Opioid Treatment and Work-Related Injuries in Iowa

University of Iowa

This project is using Iowa’s workers’ compensation data and data from Iowa’s Prescription Monitoring Program to examine how physically demanding jobs (e.g., healthcare and social assistance, manufacturing, retail trade, and educational services) impact opioid treatment and opioid related deaths.

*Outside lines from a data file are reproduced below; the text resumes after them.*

-- ===== src/Infra/Factory/Report.antt =====
-- The exit code and the report of a molecule's dispatch in daemon/src/infra/factory-dispatch.ts.
use repomap_core.Prelude.{
  ℕ, suc, ◌+◌, ◌≡◌, ◌⊎◌, ◌↔◌, inl, inr, refl, ap, ◌∙◌, arith, String, Bool, true, false, List, [],
  ◌∷◌, Option, none, some, length, keep,
}
use repomap_core.Prelude.Json.{Json}
use repomap_core.Infra.Factory.{
  FactoryDispatchConfig, ExitCode, MoleculeStep, resolve_effective_steps, build_cook_command,
  build_pour_command, build_show_command, parse_cook_proto_id, parse_molecule_id,
}
use repomap_core.Infra.Factory.Molecule.{
  StepEntry, MoleculeDispatchResult, Dependencies, BdPipelineResult, Attempt, got, gave_up, ◌>>=◌,
  required, required_object, run_bd_pipeline, dispatch_all, exit_of, no_result,
  run_molecule_dispatch, finish,
}
use repomap_core.Infra.Factory.Statuses.{
  Accounts, expected, is_sent, is_skipped, is_failed, entry_ids, step_ids,
}
use repomap_core.Infra.Factory.Steps.{dispatch_molecule_steps-Accounts}

-- an entry has one of the three kinds of status
tally :
    (es : List StepEntry)
    → length es
      ≡ length (keep is_sent es) + length (keep is_skipped es) + length (keep is_failed es)
tally [] = omega arith
tally (e ∷ es) = ground (arith, tally es)

length-entry_ids : (es : List StepEntry) → length (entry_ids es) ≡ length es
length-entry_ids [] = refl
length-entry_ids (e ∷ es) = ap suc (length-entry_ids es)

length-step_ids : (ss : List MoleculeStep) → length (step_ids ss) ≡ length ss
length-step_ids [] = refl
length-step_ids (s ∷ ss) = ap suc (length-step_ids ss)

-- a pipeline that gives up does so with a general error
data FailsGenerally {A : Type 0} : Attempt A → Type 0 where
  arrived : (a : A) → FailsGenerally (got a)
  failed : FailsGenerally (gave_up ExitCode.general_error)

then_FailsGenerally :
    {A B : Type 0} (o : Option A) (f : A → Attempt B)
    → ((a : A) → FailsGenerally (f a))
    → FailsGenerally (required o >>= f)
then_FailsGenerally none f k = failed
then_FailsGenerally (some a) f k = k a

object_FailsGenerally :
    {Num B : Type 0} (j : Json Num) (f : Json Num → Attempt B)
    → ((a : Json Num) → FailsGenerally (f a))
    → FailsGenerally (required_object j >>= f)
object_FailsGenerally (Json.obj fs) f k = k (Json.obj fs)
object_FailsGenerally (Json.arr xs) f k = k (Json.arr xs)
object_FailsGenerally Json.null f k = failed
object_FailsGenerally (Json.bool b) f k = failed
object_FailsGenerally (Json.num x) f k = failed
object_FailsGenerally (Json.str s) f k = failed

code_of_failed :
    {A : Type 0} {x : Attempt A} {code : ExitCode}
    → FailsGenerally x
    → x ≡ gave_up code
    → code ≡ ExitCode.general_error
code_of_failed (arrived a) e = cc
code_of_failed failed e = cc

module _ {Num : Type 0} (deps : Dependencies Num) (config : FactoryDispatchConfig) (n : ℕ) where
  abbrev cook : Bool → List String
  cook persist = build_cook_command config.formula config.vars persist

  run_bd_pipeline-FailsGenerally : FailsGenerally (run_bd_pipeline deps config n)
  unfolding run_bd_pipeline
  run_bd_pipeline-FailsGenerally = then_FailsGenerally (deps.exec_bd n (cook false)) _ λ cooked.
      then_FailsGenerally (deps.exec_bd (n + 1) (cook true)) _ λ persisted.
        then_FailsGenerally (parse_cook_proto_id persisted) _ λ proto_id.
          then_FailsGenerally (deps.exec_bd (n + 2) (build_pour_command proto_id config.vars)) _
            λ poured. then_FailsGenerally (parse_molecule_id poured) _ λ molecule_id.
              then_FailsGenerally (deps.exec_bd (n + 3) (build_show_command molecule_id)) _
                λ answer. object_FailsGenerally answer _ λ showed. arrived _

  -- the steps that are dispatched
  abbrev pub steps_of : BdPipelineResult Num → List MoleculeStep
  steps_of p = resolve_effective_steps p.cooked_output p.poured_output p.showed_output p.proto_id

  -- what is reported of a pipeline that came to its end
  pub record IsReport (p : BdPipelineResult Num) (r : MoleculeDispatchResult) : Type 0 where
    pub accounts :
        Accounts
          (no_result config p.molecule_id (length (steps_of p)))
          r
          (steps_of p)
          (expected deps config (n + 4) (steps_of p))
    pub adds_up : r.total_steps ≡ r.dispatched_steps + r.skipped_steps + r.failed_steps
    pub succeeds : (exit_of r ≡ ExitCode.success) ↔ (r.failed_steps ≡ 0)

  adds_up_of :
      (p : BdPipelineResult Num) (r : MoleculeDispatchResult)
      → Accounts
          (no_result config p.molecule_id (length (steps_of p)))
          r
          (steps_of p)
          (expected deps config (n + 4) (steps_of p))
      → r.total_steps ≡ r.dispatched_steps + r.skipped_steps + r.failed_steps
  adds_up_of p r a = omega (
    arith,
    a.total_kept,
    a.sent_counted,
    a.skipped_counted,
    a.failed_counted,
    tally a.entries,
    length-entry_ids a.entries,
    length-step_ids (steps_of p),
    ap length a.ids_kept,
  )

  exit_of_iff :
      (r : MoleculeDispatchResult)
      → r.total_steps ≡ r.dispatched_steps + r.skipped_steps + r.failed_steps
      → (exit_of r ≡ ExitCode.success) ↔ (r.failed_steps ≡ 0)
  unfolding exit_of
  exit_of_iff r h = ground arith

  dispatch_all-IsReport : (p : BdPipelineResult Num) → IsReport p (dispatch_all deps config n p)
  unfolding dispatch_all
  dispatch_all-IsReport p =
      let a =
        dispatch_molecule_steps-Accounts deps config (n + 4) (steps_of p)
          (no_result config p.molecule_id (length (steps_of p))) in
      record {
        accounts = a;
        adds_up = adds_up_of p _ a;
        succeeds = exit_of_iff _ (adds_up_of p _ a);
      }

  -- how a run ends: the pipeline gave up, or its steps were dispatched and reported
  abbrev pub Ends : ExitCode × Option MoleculeDispatchResult → Type 0
  Ends o =
      ((run_bd_pipeline deps config n ≡ gave_up ExitCode.general_error)
        × (o ≡ (ExitCode.general_error, none)))
      ⊎ ((p : BdPipelineResult Num) × (r : MoleculeDispatchResult) × (run_bd_pipeline deps config n
            ≡ got p)
          × (o ≡ (exit_of r, some r))
          × IsReport p r)

  Ends-of :
      (x : Attempt (BdPipelineResult Num))
      → run_bd_pipeline deps config n ≡ x
      → FailsGenerally x
      → Ends (finish (x >>= λ p. got (dispatch_all deps config n p)))
  Ends-of (got p) e f = inr (p, dispatch_all deps config n p, e, refl, dispatch_all-IsReport p)
  Ends-of (gave_up code) e f =
      let general = code_of_failed f refl in
      inl (e ∙ ap gave_up general, ap (λ (c : ExitCode). (c, none)) general)

  -- A molecule's dispatch ends with a general error before any step, where its pipeline gives up, or with a
  -- report, where the pipeline comes to its end. The entries of the report are those of the molecule's
  -- steps, in their order; exactly the parent steps are skipped; another step has failed where its
  -- dispatch throws or gives a code other than success, and is dispatched or, with monitoring, completed
  -- where it succeeds; the counters count the entries by their status and add up to the number of
  -- steps; and the exit code is success exactly where no step failed.
  pub run_molecule_dispatch-Ends : Ends (run_molecule_dispatch deps config n)
  unfolding run_molecule_dispatch
  run_molecule_dispatch-Ends =
      Ends-of (run_bd_pipeline deps config n) refl run_bd_pipeline-FailsGenerally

The Role of Work Factors Influencing Health Behaviors, Health Interventions, and Health and Employment Outcomes

Washington University in St. Louis, School of Medicine

This small project is focused on the effects of work organization, workplace physical and psychosocial factors, and organizational health culture as predictors of changes in body weight and health behaviors including healthy eating and physical activity. Data from a large, multi-level group-randomized trial of
a workplace weight loss intervention in low-income health care workers (NIDDK R01 DK103760) will be used to examine the effects of work-related factors outside the scope of the original proposal. Initial analyses have described the associations of organizational health climate, supervisory support, and job satisfaction on the implementation success of a worker-driven participatory intervention, finding that results at one year showed statistically significant improvements in reported organizational health climate, supervisor support, and job satisfaction in workgroups with better-functioning participatory teams. Study findings will offer improved approaches to scalable workplace-based health behavior change that take into account organizational polices, programs, and practices as well as individual factors.

Evaluation & Planning Core-Funded Projects

Employee Well-Being Surveys

In response to the COVID-19 pandemic, there was considerable interest in learning about the impact of changes to work organization and well-being among clinical and non-clinical essential workers, remote workers, and supervisors. Faculty from Tippie collaborated on longitudinal surveys conducted at Washington University and the University of Iowa, who both have large regional hospitals as well as large and diverse employee populations outside of healthcare. Survey findings have been shared with leaders at both institutions and disseminated through local and regional webinars focusing on managing remote workers. Findings from the initial Washington University survey (first of 4 waves) included the negative impact of the pandemic on the well-being of clinical and non-clinical workers.